I stand by this suggestion, hint, tip or whatever you want to call it.  

We are just regular PAYE taxpayers – where is ubiquitous getting this “without all returns have been filed for later years”  – I think you are mixing us up with the self-employed tax payer.  The self-employed get accountants they don’t look in here for advice on how to get a tax refund.


----------



## deem (29 Mar 2006)

Very good idea, unless you know you have an underpayment in one year, then you may not want them to refund the overpayments, they may go easy on underpayments interest etc if overpaid in prievious years?


Or is this wishful thinking?


----------



## ubiquitous (29 Mar 2006)

davidoco said:
			
		

> I stand by this suggestion, hint, tip or whatever you want to call it.
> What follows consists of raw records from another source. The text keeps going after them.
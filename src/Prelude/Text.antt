-- ===== src/Prelude/Text.antt =====
-- Rust's `String` and `&str` as lists of code points, ordered as Rust orders them (the order of
-- the UTF-8 bytes is that of the code points), and the string methods that the program calls.
use Prim.Native.Nat.{ℕ, ◌+◌, ◌/◌, ◌%◌, compare, Ordering}
use Prim.Native.Char.{code}
use Prim.Native.String.{String}
use mathlib.Core.Path.{◌≡◌, refl}
use mathlib.Core.Logic.{◌↔◌}
use mathlib.Core.Bool.{Bool, true, false, ◌&&◌, ◌||◌}
use mathlib.Core.List.{List, [], ◌∷◌}
use mathlib.Core.Option.{Option, none, some}
use native.Mathlib.Omega.{arith}
use research_lab.Prelude.Tests.{leb, ltb, ◌==◌, if◌then◌else◌}
use research_lab.Prelude.Lists.{all, any}

abbrev pub Text : Type 0
Text = List ℕ

-- A string literal.
abbrev pub txt : String → Text
txt String.[] = []
txt (String.◌∷◌ c s) = code c ∷ txt s

-- `Ord::cmp` of two strings.
unfoldable pub text_cmp : Text → Text → Ordering
text_cmp [] [] = Ordering.eq
text_cmp [] (d ∷ t) = Ordering.lt
text_cmp (c ∷ s) [] = Ordering.gt
text_cmp (c ∷ s) (d ∷ t) =
    let rest = text_cmp s t in
    elim (compare c d) [
      | Ordering.lt ↦ Ordering.lt
      | Ordering.eq ↦ rest
      | Ordering.gt ↦ Ordering.gt
    ]

-- `==` of two strings.
unfoldable pub text_eq : Text → Text → Bool
text_eq [] [] = true
text_eq [] (d ∷ t) = false
text_eq (c ∷ s) [] = false
text_eq (c ∷ s) (d ∷ t) = c == d && text_eq s t

pub text_eq_iff : (s t : Text) → (text_eq s t ≡ true) ↔ (s ≡ t)
unfolding text_eq
text_eq_iff [] [] = ground arith
text_eq_iff [] (d ∷ t) = ground arith
text_eq_iff (c ∷ s) [] = ground arith
text_eq_iff (c ∷ s) (d ∷ t) = ground (arith, text_eq_iff s t)

pub text_eq_refl : (s : Text) → text_eq s s ≡ true
text_eq_refl s = (text_eq_iff s s).1 refl

pub text_cmp_eq : (s t : Text) → (text_cmp s t ≡ Ordering.eq) ↔ (s ≡ t)
unfolding text_cmp
text_cmp_eq [] [] = ground arith
text_cmp_eq [] (d ∷ t) = ground arith
text_cmp_eq (c ∷ s) [] = ground arith
text_cmp_eq (c ∷ s) (d ∷ t) = ground (arith, text_cmp_eq s t)

pub text_cmp_refl : (s : Text) → text_cmp s s ≡ Ordering.eq
text_cmp_refl s = (text_cmp_eq s s).1 refl

pub text_cmp_flip : (s t : Text) → (text_cmp s t ≡ Ordering.gt) ↔ (text_cmp t s ≡ Ordering.lt)
unfolding text_cmp
text_cmp_flip [] [] = ground arith
text_cmp_flip [] (d ∷ t) = ground arith
text_cmp_flip (c ∷ s) [] = ground arith
text_cmp_flip (c ∷ s) (d ∷ t) = ground (arith, text_cmp_flip s t)

pub text_lt_trans :
    (r s t : Text)
    → text_cmp r s ≡ Ordering.lt
    → text_cmp s t ≡ Ordering.lt
    → text_cmp r t ≡ Ordering.lt
unfolding text_cmp
text_lt_trans [] [] t h k = ground arith
text_lt_trans [] (d ∷ s) [] h k = ground arith
text_lt_trans [] (d ∷ s) (e ∷ t) h k = refl
text_lt_trans (c ∷ r) [] t h k = ground arith
text_lt_trans (c ∷ r) (d ∷ s) [] h k = ground arith
text_lt_trans (c ∷ r) (d ∷ s) (e ∷ t) h k = ground (arith, text_lt_trans r s t)

-- `char::is_whitespace`: the code points with Unicode's White_Space property.
unfoldable pub is_whitespace : ℕ → Bool
is_whitespace c =
    (leb 9 c && leb c 13)
    || (c == 32
        || (c == 0x85
            || (c == 0xa0
                || (c == 0x1680
                    || ((leb 0x2000 c && leb c 0x200a)
                        || (c == 0x2028
                            || (c == 0x2029 || (c == 0x202f || (c == 0x205f || c == 0x3000)))))))))

-- `value.trim().is_empty()`
unfoldable pub is_blank : Text → Bool
unfolding is_whitespace
is_blank t = all is_whitespace t

-- `char::is_ascii_alphanumeric`
unfoldable pub is_ascii_alphanumeric : ℕ → Bool
is_ascii_alphanumeric c =
    (leb b'0' c && leb c b'9') || ((leb b'A' c && leb c b'Z') || (leb b'a' c && leb c b'z'))

-- `value.contains(c)` for a character.
unfoldable pub has_char : ℕ → Text → Bool
has_char c t = any (λ d. d == c) t

-- `value.starts_with(prefix)`
unfoldable pub starts_with : Text → Text → Bool
starts_with [] t = true
starts_with (c ∷ p) [] = false
starts_with (c ∷ p) (d ∷ t) = c == d && starts_with p t

-- `value.split(c)`: the pieces between the separators, one at least.
unfoldable pub cons_head : ℕ → List Text → List Text
cons_head c [] = (c ∷ []) ∷ []
cons_head c (p ∷ ps) = (c ∷ p) ∷ ps

unfoldable pub split : ℕ → Text → List Text
unfolding cons_head
split c [] = [] ∷ []
split c (d ∷ t) = let rest = split c t in if d == c then [] ∷ rest else cons_head d rest

-- `value.split_once(c)`
unfoldable pub split_once : ℕ → Text → Option (Text × Text)
split_once c [] = none
split_once c (d ∷ t) =
    let rest = split_once c t in
    if d == c then some ([], t) else elim rest [ none ↦ none | some (a, b) ↦ some (d ∷ a, b) ]

-- `value.as_bytes()`: the UTF-8 bytes of the code points.
utf8 : ℕ → List ℕ → List ℕ
utf8 c bytes =
    if ltb c 0x80
    then c ∷ bytes
    else if ltb c 0x800
    then (0xc0 + c / 64) ∷ (0x80 + c % 64) ∷ bytes
    else if ltb c 0x10000
    then (0xe0 + c / 4096) ∷ (0x80 + c / 64 % 64) ∷ (0x80 + c % 64) ∷ bytes
    else (0xf0 + c / 262144)
      ∷ (0x80 + c / 4096 % 64)
      ∷ (0x80 + c / 64 % 64)
      ∷ (0x80 + c % 64)
      ∷ bytes

unfoldable pub as_bytes : Text → List ℕ
unfolding utf8
as_bytes [] = []
as_bytes (c ∷ t) = utf8 c (as_bytes t)
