-- ===== src/Prelude/Outcome.antt =====
-- crates/rlab-core/src/error/kind.rs: the errors, and `RlabResult` with the `?` operator.
use Prim.Native.String.{String}
use mathlib.Core.Path.{◌≡◌, refl}
use mathlib.Core.Bool.{Bool, true, false, ◌&&◌}
use mathlib.Core.Logic.{◌⊎◌, inl, inr}
use mathlib.Core.Option.{Option, none, some}
use mathlib.Core.List.{List, [], ◌∷◌, ◌++◌}
use research_lab.Prelude.Text.{Text, txt}
use research_lab.Prelude.Lists.{All}
use research_lab.Prelude.Tests.{◌==◌}

-- A message as its format string and the arguments that fill the places.
pub data Message : Type 0 where
  format : String → List Text → Message

pub data RlabError : Type 0 where
  config registry reference run artifact host validation not_found unsupported : Message → RlabError
  io : Text → Message → RlabError
  serialization : Message → RlabError
  -- A panic, which the source's enum does not have: it ends every caller, as an error under `?` does.
  panic : Message → RlabError

pub data RlabResult {ℓ} (A : Type ℓ) : Type ℓ where
  ok : A → RlabResult A
  err : RlabError → RlabResult A

-- The text of a message: each `{}` is the next argument.
unfoldable pub fill : Text → List Text → Text
fill [] args = []
fill (c ∷ []) args = c ∷ []
fill (c ∷ d ∷ rest) [] = c ∷ d ∷ rest
fill (c ∷ d ∷ rest) (arg ∷ args) = elim (c == b'{' && d == b'}') [
  | true ↦ arg ++ fill rest args
  | false ↦ c ∷ fill (d ∷ rest) (arg ∷ args)
]

unfoldable pub message_text : Message → Text
unfolding fill
message_text (format template args) = fill (txt template) args

-- The errors as they are printed.
unfoldable pub display : RlabError → Text
unfolding message_text
display (config m) = txt "configuration error: " ++ message_text m
display (registry m) = txt "registry error: " ++ message_text m
display (reference m) = txt "invalid reference: " ++ message_text m
display (run m) = txt "run error: " ++ message_text m
display (artifact m) = txt "artifact error: " ++ message_text m
display (host m) = txt "host protocol error: " ++ message_text m
display (validation m) = txt "validation error: " ++ message_text m
display (not_found m) = txt "not found: " ++ message_text m
display (unsupported m) = txt "unsupported feature: " ++ message_text m
display (io path m) = txt "io error at " ++ path ++ txt ": " ++ message_text m
display (serialization m) = txt "serialization error: " ++ message_text m
display (panic m) = message_text m

-- `e?` and what follows it.
infixl 5 ◌>>=◌ ◌>>◌
abbrev pub ◌>>=◌ {ℓ κ} :
    {A : Type ℓ} {B : Type κ} → RlabResult A → (A → RlabResult B) → RlabResult B
ok a >>= f = f a
err e >>= f = err e

abbrev pub ◌>>◌ {ℓ} : {B : Type ℓ} → RlabResult (Unit {0}) → RlabResult B → RlabResult B
m >> k = m >>= λ _. k

-- `if !test { return Err(e) }`
abbrev pub ensure : Bool → RlabError → RlabResult (Unit {0})
ensure true e = ok tt
ensure false e = err e

-- `option.ok_or_else(|| e)`
abbrev pub ok_or {ℓ} : {A : Type ℓ} → Option A → RlabError → RlabResult A
ok_or none e = err e
ok_or (some a) e = ok a

abbrev pub is_ok {ℓ} : {A : Type ℓ} → RlabResult A → Bool
is_ok (ok a) = true
is_ok (err e) = false

-- Inversion of a successful bind.
pub bind-eq-ok {ℓ κ} :
    {A : Type ℓ} {B : Type κ} (m : RlabResult A) (f : A → RlabResult B) {b : B}
    → (m >>= f) ≡ ok b
    → (a : A) × (m ≡ ok a) × (f a ≡ ok b)
bind-eq-ok (ok a) f h = (a, refl, h)
bind-eq-ok (err e) f h = cc

-- `for x in xs { check(x)?; }`
abbrev pub check_all {ℓ} :
    {A : Type ℓ} → (A → RlabResult (Unit {0})) → List A → RlabResult (Unit {0})
check_all check [] = ok tt
check_all check (x ∷ xs) = check x >> check_all check xs

pub check_all-All {ℓ} :
    {A : Type ℓ} (P : A → Type 0) (check : A → RlabResult (Unit {0})) (xs : List A)
    → ((x : A) → check x ≡ ok tt → P x)
    → check_all check xs ≡ ok tt
    → All P xs
check_all-All P check [] h e = tt
check_all-All P check (x ∷ xs) h e =
    let (u, here, later) = bind-eq-ok (check x) (λ _. check_all check xs) e in
    (h x here, check_all-All P check xs h later)

pub RlabResult-cases {ℓ} :
    {A : Type ℓ} (m : RlabResult A) → ((a : A) × (m ≡ ok a)) ⊎ ((e : RlabError) × (m ≡ err e))
RlabResult-cases (ok a) = inl (a, refl)
RlabResult-cases (err e) = inr (e, refl)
We shall agree to differ...


> We are just regular PAYE taxpayers – where is ubiquitous getting this “without all returns have been filed for later years”


 
From long years of experience, actually...


> I think you are mixing us up with the self-employed tax payer


. 

Not at all - where did you get that idea? This thread is entitled "Balancing Statement". Self-employed people don't get balancing statements. 



> The self-employed get accountants they don’t look in here for advice on how to get a tax refund.[/FONT]


eh?? Did I touch a raw nerve??


----------



## sherib (29 Mar 2006)

> Originally posted by gnubbit
> I called into the tax office in person. A really helpful guy there....


 
It's good to see those faceless people (civil and public servants) getting a bit of credit for a change. This thread has been very helpful to me since I'm in the process of sorting out years of unmade claims mainly to do with overpayments - my own fault. The advice about sending all claims together rather than piece meal makes sense.

Does anyone know the hours when a person can call in to talk to a tax official? My tax office is Lansdowne House, Sandymount (I think). Phones are only open from 9 - 1pm at present and it's hard to get through. In summary:-

(1) What are the hours tax offices are open to the public?
(2) Is it necessary to make an appointment? 
(3) Is it true that only claims for the past five years can be submitted? 

If anyone can answer these questions I'd really appreciate it.


----------



## gnubbit (29 Mar 2006)

sherib said:
			
		

> (1) What are the hours tax offices are open to the public?
> (2) Is it necessary to make an appointment?
> (3) Is it true that only claims for the past five years can be submitted?


I used this [broken link removed] from the revenue website.  If you put in your PPS no, it gives you the details for where to call in person.  I gather that this might differ from the office that actually handles your tax.

I didn't need to make an appointment (for PAYE stuff).  There was a huge queue as I made it in just as the doors were closing.  They staff were great, checking if people just needed a form, or to ask for something simple like statement of tax credits.  The rest of us took a ticket and waited - up to a couple of hours but it was well worth it in the end!  Maybe bring a good book? 

When I called in to the Cathedral St office (just off O'Connell St), it closed either at 4.00/4.30pm - sorry I can't be more specific.  I think they opened at 9.30 and stayed open through lunch.  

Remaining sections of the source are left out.